In themselves these events need not have led to disaster. If the guardian of Honorius and director of his government had been a man of Roman birth and tradition, who commanded the public confidence, a man such as Honorius himself was afterwards to find in Constantius and his successor in Aetius, all might have been tolerably well. But there was a point of weakness in the Imperial system, the practice of elevating Germans to the highest posts of command in the army. It had grown up under Valentinian I, Gratian, and Theodosius; it had led to the rebellion of Maximus, and had cost Valentinian II his life. The German in whom Theodosius reposed his confidence and who assumed the control of affairs on his death probably believed that he was serving Rome faithfully, but it was a singular misfortune that at a critical moment when the Empire had to be defended not only against Germans without but against a German nation which had penetrated inside, the responsibility should have devolved upon a German. Stilicho did not intend to be a traitor, but his policy was as calamitous as if he had planned deliberate treachery. For it meant civil war. The dissatisfaction of the Romans in the West was expressed in the rebellion of Constantine, the successor of Maximus, and if Stilicho had had his way the soldiers of Honorius and of Arcadius would have been killing one another for the possession of Illyricum. When he died the mischief was done; Goths had Italy at their mercy, Gaul and Spain were overrun by other peoples. His Roman successors could not undo the results of events which need never have happened.
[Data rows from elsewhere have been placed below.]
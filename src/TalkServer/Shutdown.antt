-- ===== src/TalkServer/Shutdown.antt =====
-- How the server stops.
use c_language_learnning.Base.{
  ℕ, ◌≡◌, refl, ◌∙◌, none, true, List, [], ◌∷◌, ltb, ◌==◌, arith, Bool-cases, inl, inr,
}
use c_language_learnning.Base.Int.{ℤ, pos, negsuc}
use c_language_learnning.TalkServer.{user_limit, Server, put, delete, reap, reap_all, on_sigchld}
use c_language_learnning.TalkServer.System.{Children, Inv, Exits}
use c_language_learnning.TalkServer.Table.{reap_all-Inv}

terminate-delete : (d : ℤ) (s : Server) → (delete d s).0.terminate ≡ s.terminate
unfolding delete
terminate-delete (negsuc n) s = refl
terminate-delete (pos d) s = elim (Bool-cases (ltb user_limit d)) [
  | inl outside ↦ rw outside refl
  | inr inside ↦ rw inside refl
]

terminate-reap_all : (pids : List ℕ) (s : Server) → (reap_all pids s).0.terminate ≡ s.terminate
unfolding reap_all reap
terminate-reap_all [] s = refl
terminate-reap_all (pid ∷ pids) s =
    terminate-reap_all pids (reap pid s).0
    ∙ terminate-delete (s.sub_process pid)
        (record s { sub_process = put s.sub_process pid (negsuc 0) })

-- Once the server was told to terminate, and while its table and map agree with its children, the SIGCHLD after which no child is left
-- stops it.
pub on_sigchld_stops :
    (s : Server) (live live' : Children) (pids : List ℕ)
    → Inv s live
    → s.terminate ≡ true
    → Exits live pids live'
    → ((pid : ℕ) → live' pid ≡ none)
    → (on_sigchld pids s).0.stop_server ≡ true
unfolding on_sigchld
on_sigchld_stops s live live' pids v told gone all_gone =
    let r = (reap_all pids s).0 in
    let w = reap_all-Inv s live live' pids gone v in
    elim (Bool-cases (r.user_count == 0)) [
      | inl idle ↦ rw (terminate-reap_all pids s ∙ told, idle) refl
      | inr busy ↦
          let f = w.filled 0 (ground (arith, busy)) in
          absurd (ground (arith, f.alive, all_gone (r.users 0).pid))
    ]
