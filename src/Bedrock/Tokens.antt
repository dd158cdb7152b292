-- ===== src/Bedrock/Tokens.antt =====
-- The token of a provider that Bedrock starts.
use cachercise.Base.{Bool, ℕ, ◌≤◌, ◌≡◌, refl, true, String, Option, some}
use cachercise.Base.Run.{ok}
use cachercise.Common.{success, Ptr}
use cachercise.Backend.{BackendImpl}
use cachercise.Table.{UtHash}
use cachercise.Margo.{Margo}
use cachercise.Provider.Lifecycle.{new_provider}
use cachercise.Provider.Register.{CanRegister, register-ok}
use cachercise.Provider.{Cache, Provider, check_token}
use cachercise.Bedrock.{BedrockArgs, provider_args, register_provider}

-- A provider that Bedrock starts has no token: its start succeeds, on a server where the provider id is
-- free and the memory is there, eight bytes that can be used in the block for the list of backends
-- included, and whatever token is sent to it, or none, is valid.
pub register_provider-accepts :
    {M W T : Type 0} (margo : Margo M) (hash : UtHash T (Cache W)) (usable : ℕ → Option ℕ)
    (strdup : Bool) (dummy : BackendImpl W) (self : Ptr) (a : BedrockArgs) (m : M) (n : ℕ)
    → CanRegister margo hash usable strdup dummy self a.provider_id (some (provider_args a)) m
    → usable 1 ≡ some n
    → 8 ≤ n
    → (p : Provider W T) × (m' : M) × (register_provider margo hash usable strdup dummy self a m
        ≡ ok (success, some p, m'))
      × ((token : Option String) → check_token p token ≡ ok true)
unfolding register_provider check_token new_provider
register_provider-accepts margo hash usable strdup dummy self a m n c u b = (
  _,
  _,
  register-ok margo hash usable strdup dummy self a.provider_id (some (provider_args a)) m n c u b,
  λ token. refl,
)
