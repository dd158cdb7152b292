-- ===== src/Hoard.antt =====
-- src/hoard.hpp and src/hoard.cc: the growing array behind a cache. The array is the list of the
-- bit patterns that it holds. An access outside the vector or outside the caller's buffer is
-- undefined; a resize past `max_size`, a parameter, throws, and nobody catches it.
pub mod Loops
pub mod Bounds
pub mod Contents
use cachercise.Base.{
  ℕ, zero, suc, ◌+◌, ◌-◌, ◌*◌, ◌<◌, List, [], ◌++◌, ltb, leb, length, get_elem?, set, take,
  replicate, if◌then◌else◌,
}
use cachercise.Base.Run.{Run, ok, fault, undefined, uncaught, ◌>>=◌, defined}
use cachercise.Common.{u64, to_int32}

-- std::vector<int64_t> m_hoard
abbrev pub Hoard : Type 0
Hoard = List ℕ

unfoldable pub init : Hoard
init = []

-- m_hoard.resize(n): new elements are 0.
unfoldable pub resize : ℕ → ℕ → Hoard → Run Hoard
resize max_size n h =
    if ltb max_size n
    then fault uncaught
    else if ltb n (length h)
    then ok (take n h)
    else ok (h ++ replicate (n - length h) 0)

-- xs[i] = v, for a vector or a buffer
unfoldable pub store : List ℕ → ℕ → ℕ → Run (List ℕ)
store xs i v = if ltb i (length xs) then ok (set xs i v) else fault undefined

-- The loop of `put`, with `k` rounds left.
unfoldable pub write_loop : ℕ → ℕ → ℕ → List ℕ → Hoard → Run Hoard
write_loop zero i offset src h = ok h
write_loop (suc k) i offset src h = do
  v ← defined (get_elem? src i)
  h' ← store h (u64 (offset + i)) v
  write_loop k (suc i) offset src h'

unfoldable pub put : (max_size : ℕ) → Hoard → List ℕ → (count offset : ℕ) → Run (ℕ × Hoard)
unfolding resize write_loop store
put max_size h src count offset = do
  h' ←
      if ltb (length h) (u64 (offset + count))
      then resize max_size (u64 ((length h + offset + count) * 2)) h
      else ok h
  h'' ← write_loop count 0 offset src h'
  ok (to_int32 count, h'')

-- The loop of `get`, with `k` rounds left.
unfoldable pub read_loop : ℕ → ℕ → ℕ → Hoard → List ℕ → Run (List ℕ)
read_loop zero i offset h dest = ok dest
read_loop (suc k) i offset h dest = do
  v ← defined (get_elem? h (u64 (offset + i)))
  dest' ← store dest i v
  read_loop k (suc i) offset h dest'

unfoldable pub get : Hoard → List ℕ → (count offset : ℕ) → Run (ℕ × List ℕ)
unfolding read_loop store
get h dest count offset = do dest' ← read_loop count 0 offset h dest; ok (to_int32 count, dest')
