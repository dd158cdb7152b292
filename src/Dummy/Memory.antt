-- ===== src/Dummy/Memory.antt =====
-- The memory that src/dummy/dummy-backend.c works on: contexts, and the hoards that src/hoard.cc
-- allocates and deletes.
use cachercise.Base.{ℕ, ◌+◌, ◌-◌, String, Option, none, some, List, ◌∷◌, ◌==◌, if◌then◌else◌}
use cachercise.Base.Run.{Run, ok, fault, uncaught, ◌>>=◌, defined}
use cachercise.Common.{Ptr, null}
use cachercise.Hoard.{Hoard}
use cachercise.Hoard

-- What json-c, Argobots and the C++ library bring.
pub record Env : Type 0 where
  -- json_tokener_parse_ex; NULL when the text is no JSON
  pub parse_ex : String → Ptr
  -- json_object_new_object
  pub new_object : Ptr
  -- the handle that ABT_mutex_create makes for the context at an address
  pub mutex_of : Ptr → Ptr
  -- std::vector<int64_t>::max_size
  pub vector_max : ℕ

-- struct dummy_context
pub record Context : Type 0 where
  pub config : Ptr
  pub h : Ptr
  pub hoard_mutex : Ptr

pub data Event : Type 0 where
  json_put mutex_create mutex_lock mutex_unlock mutex_free : Ptr → Event
  printed : String → Event

pub record Heap : Type 0 where
  pub contexts : Ptr → Option Context
  pub hoards : Ptr → Option Hoard
  pub next : ℕ
  pub room : ℕ
  -- newest first
  pub events : List Event

unfoldable pub update : {A : Type 0} → (Ptr → Option A) → Ptr → Option A → Ptr → Option A
update m p v q = if q == p then v else m q

unfoldable pub emit : Event → Heap → Heap
emit e w = record w { events = e ∷ w.events }

unfoldable pub context : Ptr → Heap → Run Context
context p w = defined (w.contexts p)

unfoldable pub set_context : Ptr → Context → Heap → Heap
unfolding update
set_context p c w = record w { contexts = update w.contexts p (some c) }

-- calloc(1, sizeof(dummy_context))
unfoldable pub calloc_context : Heap → Ptr × Heap
unfolding update
calloc_context w = if w.room == 0 then (null, w) else (
  w.next,
  record w {
    contexts =
        update w.contexts w.next (some (record { config = null; h = null; hoard_mutex = null }));
    next = w.next + 1;
    room = w.room - 1;
  },
)

-- free(context)
unfoldable pub free_context : Ptr → Heap → Heap
unfolding update
free_context p w = record w { contexts = update w.contexts p none }

unfoldable pub hoard_init : Heap → Run (Ptr × Heap)
unfolding update
hoard_init w =
    if w.room == 0
    then fault uncaught
    else ok (
      w.next,
      record w {
        hoards = update w.hoards w.next (some Hoard.init);
        next = w.next + 1;
        room = w.room - 1;
      },
    )

unfoldable pub hoard : Ptr → Heap → Run Hoard
hoard h w = defined (w.hoards h)

unfoldable pub set_hoard : Ptr → Hoard → Heap → Heap
unfolding update
set_hoard h v w = record w { hoards = update w.hoards h (some v) }

-- `delete h`: nothing at NULL, and undefined at an address that holds no hoard.
unfoldable pub hoard_finalize : Ptr → Heap → Run Heap
unfolding update
hoard_finalize h w =
    if h == null
    then ok w
    else (do v ← defined (w.hoards h); ok (record w { hoards = update w.hoards h none }))
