-- ===== src/Dummy.antt =====
-- src/dummy/dummy-backend.c: the backend "dummy", which keeps a hoard for each cache.
--
-- The heap maps the addresses in use to the contexts and hoards that they hold. It has room for so
-- many more allocations; past that `calloc` returns NULL and `new` throws. A load or a store at an
-- address that holds nothing is undefined, NULL included. What json-c and Argobots do enters as
-- `Env`, and the calls whose result the code does not look at are recorded as events.
pub mod Memory
pub mod Ownership
pub mod Lifecycle
pub mod Io
pub mod Transfers
pub mod Fulfils
pub mod Fresh
pub mod Items
pub mod Threads
use cachercise.Base.{
  ℕ, ◌+◌, ◌-◌, ◌/◌, String, Option, none, some, List, [], ◌∷◌, ◌==◌, if◌then◌else◌,
}
use cachercise.Base.Int.{ℤ, ◌+ℤ◌, fits_int32}
use cachercise.Base.Run.{Run, ok, fault, undefined, uncaught, ◌>>=◌, defined}
use cachercise.Common.{ReturnCode, success, err_invalid_config, Ptr, null, write, sign_extend}
use cachercise.Backend.{BackendImpl}
use cachercise.Hoard
use Memory.{
  Env, Context, Heap, json_put, printed, mutex_create, mutex_lock, mutex_unlock, mutex_free, emit,
  calloc_context, context, set_context, free_context, hoard_init, hoard, set_hoard, hoard_finalize,
}

module _ (env : Env) where
  -- json_tokener_parse_ex of the string, or an empty object where there is none; `none` when the
  -- string does not parse.
  unfoldable pub parse_config : Option String → Option Ptr
  parse_config none = some env.new_object
  parse_config (some s) = if env.parse_ex s == null then none else some (env.parse_ex s)

  pub create_context : Ptr → Heap → Run (ReturnCode × Ptr × Heap)
  create_context config w = do
    let (p, w₁) = calloc_context w
    c ← context p w₁
    (h, w₂) ← hoard_init (set_context p (record c { config = config }) w₁)
    ok (
      success,
      p,
      emit (mutex_create (env.mutex_of p))
          (set_context p (record { config = config; h = h; hoard_mutex = env.mutex_of p }) w₂),
    )

  unfoldable pub create_cache : Option String → Heap → Run (ReturnCode × Ptr × Heap)
  unfolding parse_config create_context
  create_cache config_str w = elim (parse_config config_str) [
    | none ↦ ok (err_invalid_config, null, w)
    | some config ↦ create_context config w
  ]

  -- The new context has neither a hoard nor a mutex.
  pub open_context : Ptr → Heap → Run (ReturnCode × Ptr × Heap)
  open_context config w = do
    let (p, w₁) = calloc_context w
    c ← context p w₁
    ok (success, p, set_context p (record c { config = config }) w₁)

  unfoldable pub open_cache : Option String → Heap → Run (ReturnCode × Ptr × Heap)
  unfolding parse_config open_context
  open_cache config_str w = elim (parse_config config_str) [
    | none ↦ ok (err_invalid_config, null, w)
    | some config ↦ open_context config w
  ]

pub close_cache : Ptr → Heap → Run (ReturnCode × Heap)
close_cache p w = do
  c ← context p w
  w₁ ← hoard_finalize c.h (emit (json_put c.config) w)
  ok (success, free_context p w₁)

pub destroy_cache : Ptr → Heap → Run (ReturnCode × Heap)
destroy_cache p w = do
  c ← context p w
  w₁ ← hoard_finalize c.h (emit (json_put c.config) w)
  ok (success, free_context p (emit (mutex_free c.hoard_mutex) w₁))

unfoldable pub say_hello : Ptr → Heap → Run Heap
say_hello p w = ok (emit (printed "Hello World from Dummy cache\n") w)

-- A signed sum that overflows is undefined.
unfoldable pub compute_sum : Ptr → ℤ → ℤ → Heap → Run (ℤ × Heap)
compute_sum p x y w = if fits_int32 (x +ℤ y) then ok (x +ℤ y, w) else fault undefined

module _ (env : Env) where
  pub io_write : Context → (count offset : ℕ) → List ℕ → Heap → Run (ℕ × List ℕ × Heap)
  io_write c count offset scratch w = do
    h ← hoard c.h w
    (ret, h') ← Hoard.put env.vector_max h scratch (count / 8) offset
    ok (
      sign_extend ret,
      scratch,
      emit (mutex_unlock c.hoard_mutex) (set_hoard c.h h' (emit (mutex_lock c.hoard_mutex) w)),
    )

  pub io_read : Context → (count offset : ℕ) → List ℕ → Heap → Run (ℕ × List ℕ × Heap)
  io_read c count offset scratch w = do
    h ← hoard c.h w
    (ret, scratch') ← Hoard.get h scratch (count / 8) offset
    ok (sign_extend ret, scratch', w)

  pub io : Ptr → (count offset : ℕ) → List ℕ → (kind : ℕ) → Heap → Run (ℕ × List ℕ × Heap)
  unfolding io_write io_read
  io p count offset scratch kind w = do
    c ← context p w
    if kind == write then io_write c count offset scratch w else io_read c count offset scratch w

  unfoldable pub dummy_backend : BackendImpl Heap
  dummy_backend = record {
    name = "dummy";
    create_cache = create_cache env;
    open_cache = open_cache env;
    close_cache = close_cache;
    destroy_cache = destroy_cache;
    hello = say_hello;
    sum = compute_sum;
    io = io;
  }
The supremacy of a Stilicho was due to the fact that the defence of the Empire had come to depend on the enrolment of barbarians, in large numbers, in the army, and that it was necessary to render the service attractive to them by the prospect of power and wealth. This was, of course, a consequence of the decline in military spirit, and of depopulation, in the old civilised Mediterranean countries. The Germans in high command had been useful, but the dangers involved in the policy had been shown in the cases of Merobaudes and Arbogastes. Yet this policy need not have led to the dismemberment of the Empire, and but for that series of chances its western provinces would not have been converted, as and when they were, into German kingdoms. It may be said that a German penetration of western Europe must ultimately have come about. But even if that were certain, it might have happened in another way, at a later time, more gradually, and with less violence. The point of the present contention is that Rome’s loss of her provinces in the fifth century was not an “inevitable effect of any of those features which have been rightly or wrongly described as causes or consequences of her general ‘decline.’ ” The central fact that Rome could not dispense with the help of barbarians for her wars ( gentium barbararum auxilio indigemus ) may be held to be the cause of her calamities, but it was a weakness which might have continued to be far short of fatal but for the sequence of contingencies pointed out above.